Kishida T, Sato J, Fujimori S, Minami S, Yamakado S, Tamagawa Y, Taguchi F, Yoshida Y, Kobayashi M
Third Department of Internal Medicine, Nippon Medical School, Tokyo, Japan.
Nihon Ika Daigaku Zasshi. 1992 Dec;59(6):450-6. doi: 10.1272/jnms1923.59.450.

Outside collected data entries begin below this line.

-- ===== src/Network/Client/Retrying.antt =====
-- What becomes of a client that waits to reconnect.
use ryu_ldn_nx.Prelude.{
  ℕ, zero, suc, ◌+◌, ◌-◌, ◌*◌, ◌%◌, ◌^◌, ◌≤◌, ◌<◌, ◌≡◌, ◌≢◌, refl, some, none, Option, List, [],
  ◌∷◌, arith, ltb, if◌then◌else◌, ap, Bool-cases, inl, inr,
}
use ryu_ldn_nx.Network.ConnectionState.{ConnectionState, connected, backoff, retrying}
use ryu_ldn_nx.Network.ConnectionState as Machine
use ryu_ldn_nx.Network.Reconnect.{
  ReconnectConfig, ReconnectManager, delay_for, record_failure, reset,
}
use ryu_ldn_nx.Network.Reconnect as Reconnect
use ryu_ldn_nx.Network.TcpInterface.{ClientResult, ITcpClient}
use ryu_ldn_nx.Network.Client.{
  Client, ◌>>=◌, elapsed, is_sent, is_backoff_expired, process_event, notify_change,
}
use ryu_ldn_nx.Network.Client.Connecting.{endpoint, connect_answered, try_connect}
use ryu_ldn_nx.Network.Client.Updating.{retry, wait_backoff, update_in, update}
use ryu_ldn_nx.Network.Client.Calls.{Call}

-- Without a division by zero there is a delay.
backoff-some :
    (c : ReconnectConfig) (rounds delay : ℕ)
    → 0 < c.multiplier_percent
    → (d : ℕ) × (Reconnect.backoff c rounds delay ≡ some d)
unfolding Reconnect.backoff
backoff-some c zero delay h = (delay, refl)
backoff-some c (suc rounds) delay h =
    let (d, e) = backoff-some c rounds (Reconnect.grow c delay).0 h in
    elim (Bool-cases (Reconnect.grow c delay).1) [
      | inl done ↦ ((Reconnect.grow c delay).0, ground arith)
      | inr more ↦ (d, ground arith)
    ]

delay_for-some :
    (c : ReconnectConfig) (n : ℕ) → 0 < c.multiplier_percent → (d : ℕ) × (delay_for c n ≡ some d)
unfolding delay_for
delay_for-some c n h =
    let (d, e) = backoff-some c (n - c.fast_retries) c.initial_delay_ms h in
    elim (Bool-cases (ltb n c.fast_retries)) [
      | inl fast ↦ (c.fast_delay_ms, ground arith)
      | inr slow ↦ (d, ground arith)
    ]

-- How the retry count goes on after a failure.
abbrev pub bump : ℕ → ℕ
bump n = if ltb n (2 ^ 32 - 1) then n + 1 else n

-- A predicate on a result that has to be there.
abbrev pub Returns : {A : Type 0} → (A → Type 0) → Option A → Type 0
Returns P none = ⊥
Returns P (some a) = P a

pub reset-some :
    (m : ReconnectManager)
    → 0 < m.config.multiplier_percent
    → (d : ℕ) × (reset m ≡ some (record m { retry_count = 0; current_delay_ms = d }))
unfolding reset
reset-some m h = let (d, e) = delay_for-some m.config 0 h in (d, ground (arith, e))

record_failure-some :
    (m : ReconnectManager)
    → 0 < m.config.multiplier_percent
    → (d : ℕ) × (record_failure m
        ≡ some (record m { retry_count = bump m.retry_count; current_delay_ms = d }))
      × (delay_for m.config (bump m.retry_count) ≡ some d)
unfolding record_failure
record_failure-some m h =
    let (d, e) = delay_for-some m.config (bump m.retry_count) h in (d, ground (arith, e), e)

-- The seed that `start_backoff` hashes, by the retries and by how often it has run.
abbrev pub seed : ℕ → ℕ → ℕ
seed retries counter = ((retries + 1) * 2654435761 + counter * 40503) % 2 ^ 32

-- The timer of a client after a failed try: with `auto_reconnect` it starts now, with the delay of the
-- retries made so far, spread by a new seed; without it nothing changes.
abbrev pub Waits : {T : Type 0} → Client T → Client T → Type 0
Waits before c =
    if before.config.auto_reconnect
    then (let m = c.reconnect_manager in
        let counter = (before.backoff_counter + 1) % 2 ^ 32 in
        (delay_for m.config m.retry_count ≡ some m.current_delay_ms)
        × (c.backoff_start_time_ms ≡ before.last_update_time_ms)
        × (c.backoff_counter ≡ counter)
        × (c.current_backoff_delay_ms
            ≡ Reconnect.get_next_delay_ms_with_jitter m (seed m.retry_count counter)))
    else (c.backoff_start_time_ms ≡ before.backoff_start_time_ms)
      × (c.backoff_counter ≡ before.backoff_counter)
      × (c.current_backoff_delay_ms ≡ before.current_backoff_delay_ms)

-- What a client is after a try to connect, by what it was before and by the TCP client's answer and
-- state: everything that later tries depend on.
pub record Answered {T : Type 0} (before : Client T) (result : ClientResult) (tcp : T)
    (c : Client T) : Type 0 where
  pub state_is : c.machine.state ≡ (if is_sent result then connected else backoff)
  pub retry_count_is :
      c.reconnect_manager.retry_count
      ≡ (if is_sent result then 0 else bump before.reconnect_manager.retry_count)
  pub same_settings : c.reconnect_manager.config ≡ before.reconnect_manager.config
  pub tcp_is : c.tcp ≡ tcp
  pub same_sent : c.handshake_sent ≡ before.handshake_sent
  pub waits : if is_sent result then Unit {0} else Waits before c

-- The ticks of a clock, each with the fuel for the packets, as calls.
abbrev pub updates : List (ℕ × ℕ) → List Call
updates [] = []
updates ((fuel, now) ∷ ticks) = Call.update fuel now ∷ updates ticks

pub Returns-bind :
    {A B : Type 0} (P : A → Type 0) (Q : B → Type 0) (o : Option A) (f : A → Option B)
    → Returns P o
    → ((a : A) → P a → Returns Q (f a))
    → Returns Q (o >>= f)
Returns-bind P Q none f h k = absurd h
Returns-bind P Q (some a) f h k = k a h

pub Returns-map :
    {A : Type 0} {P Q : A → Type 0} (o : Option A)
    → Returns P o
    → ((a : A) → P a → Q a)
    → Returns Q o
Returns-map none h k = absurd h
Returns-map (some a) h k = k a h

module _ {T : Type 0} where
  connect_answered-Answered :
      (c : Client T) (result : ClientResult)
      → c.machine.state ≡ retrying
      → 0 < c.reconnect_manager.config.multiplier_percent
      → Returns (Answered c result c.tcp) (connect_answered c result)
  unfolding connect_answered Machine.process_event
  connect_answered-Answered c result r h =
      let (d, e) = reset-some c.reconnect_manager h in
      let (d', e', delay) = record_failure-some c.reconnect_manager h in
      elim (Bool-cases (is_sent result)) [
        | inl sent ↦ rw sent (rw e (ground arith))
        | inr failed ↦ rw failed (rw e' (ground arith))
      ]

  notify_change-Answered :
      (before : Client T) (result : ClientResult) (tcp : T) (c : Client T) (state : ConnectionState)
      → Answered before result tcp c
      → Answered before result tcp (notify_change c state)
  unfolding notify_change
  notify_change-Answered before result tcp c state a = ground arith

  -- That a try is made from the state retrying has no part in how it ends.
  retried :
      (c : Client T) (tcp : T) (result : ClientResult) (c' : Client T)
      → let from = record (process_event c Machine.ConnectionEvent.backoff_expired) { tcp = tcp } in
        Answered from result tcp c' → Answered c result tcp c'
  unfolding process_event
  retried c tcp result c' a = record {
    state_is = a.state_is;
    retry_count_is = a.retry_count_is;
    same_settings = a.same_settings;
    tcp_is = a.tcp_is;
    same_sent = a.same_sent;
    waits = a.waits;
  }

  expired-retrying :
      (c : Client T)
      → c.machine.state ≡ backoff
      → (process_event c Machine.ConnectionEvent.backoff_expired).machine.state ≡ retrying
  unfolding process_event Machine.process_event
  expired-retrying c s = ground (arith, s)

module _ {T : Type 0} (I : ITcpClient T) where
  pub retry-Answered :
      (c : Client T)
      → c.machine.state ≡ backoff
      → 0 < c.reconnect_manager.config.multiplier_percent
      → let (result, tcp) = I.connect c.tcp (endpoint c) in
        Returns (Answered c result tcp) (retry I c)
  unfolding retry try_connect process_event endpoint
  retry-Answered c s h =
      let (result, tcp) = I.connect c.tcp (endpoint c) in
      let c' = process_event c Machine.ConnectionEvent.backoff_expired in
      Returns-bind _ _ (try_connect I c') _
        (connect_answered-Answered (record c' { tcp = tcp }) result (expired-retrying c s) h)
        (λ c'' a.
          notify_change-Answered c result tcp c'' c'.machine.state (retried c tcp result c'' a))

  update-wait :
      (rand : ℕ → ℕ) (c : Client T) (fuel now : ℕ)
      → c.machine.state ≡ backoff
      → update I rand fuel c now ≡ wait_backoff I (record c { last_update_time_ms = now }) now
  unfolding update update_in
  update-wait rand c fuel now s =
      ap (λ st. update_in I rand st fuel (record c { last_update_time_ms = now }) now) s

  -- `update` while the client waits to reconnect. The first update after a failure at time 0 only starts
  -- the timer, and an update before the delay is over does nothing. One after it makes a try to connect,
  -- whatever `auto_reconnect` and the limit of retries are. With a multiplier above 0 the result is
  -- there: the client is connected with its retries cleared, or waits again with one more counted, by
  -- the TCP client's answer, and whether it counts its handshake as sent stays as it was. When it waits
  -- again, the timer starts now if `auto_reconnect` is on, with the delay of the new count of retries,
  -- spread by a new seed; else the timer and the delay stay as they were.
  pub update-backoff :
      (rand : ℕ → ℕ) (c : Client T) (fuel now : ℕ)
      → c.machine.state ≡ backoff
      → 0 < c.reconnect_manager.config.multiplier_percent
      → (c.backoff_start_time_ms ≡ 0
          → update I rand fuel c now
            ≡ some (record c { last_update_time_ms = now; backoff_start_time_ms = now }))
        × (c.backoff_start_time_ms ≢ 0
            → elapsed now c.backoff_start_time_ms < c.current_backoff_delay_ms
            → update I rand fuel c now ≡ some (record c { last_update_time_ms = now }))
        × (c.backoff_start_time_ms ≢ 0
            → c.current_backoff_delay_ms ≤ elapsed now c.backoff_start_time_ms
            → let (result, tcp) = I.connect c.tcp (endpoint c) in
              Returns
                (Answered (record c { last_update_time_ms = now }) result tcp)
                (update I rand fuel c now))
  unfolding wait_backoff is_backoff_expired
  update-backoff rand c fuel now s h = (
    λ z. rw (update-wait rand c fuel now s) (ground arith),
    λ z w. rw (update-wait rand c fuel now s) (ground arith),
    λ z w.
        rw (update-wait rand c fuel now s)
          (ground (arith, retry-Answered (record c { last_update_time_ms = now }) s h)),
  )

Colonoscopy was performed on acute stage within 72 hours from onset in 48 patients with antibiotic-associated hemorrhagic colitis (AAHC). From our observations we have developed a new endoscopic classification of AAHC and investigated the incidence of each finding in further detail. We have classified in principle the endoscopic findings of the 48 subjects into two groups: major and minor ones respectively. Category of major findings were: 1) diffuse mucosal hemorrhage (100%); 2) spotty mucosal hemorrhage (100%), and 3) linear mucosal hemorrhage (22.9%), while minor findings were: 1) irregular ulcers in 10.4%; 2) aphthoid ulcers in 6.3%, and 3) linear erosions or ulcers in 4%. Minor findings were ulcers or erosions present over the hemorrhagic mucosa associated with the moderate degree of inflammation. A histopathologic study of colon biopsy specimens from 24 patients with AAHC showed hemorrhage and inflammatory cell infiltration in the lamina propria mucosae varying from mild to moderate in extent. It was concluded that AAHC was a colonic mucosal hemorrhagic disease caused by the destruction of mucosal vessels from unknown causes and in this disease mild to moderate inflammation was partially followed by ulceration over the edematous and hemorrhagic mucosa of the colon.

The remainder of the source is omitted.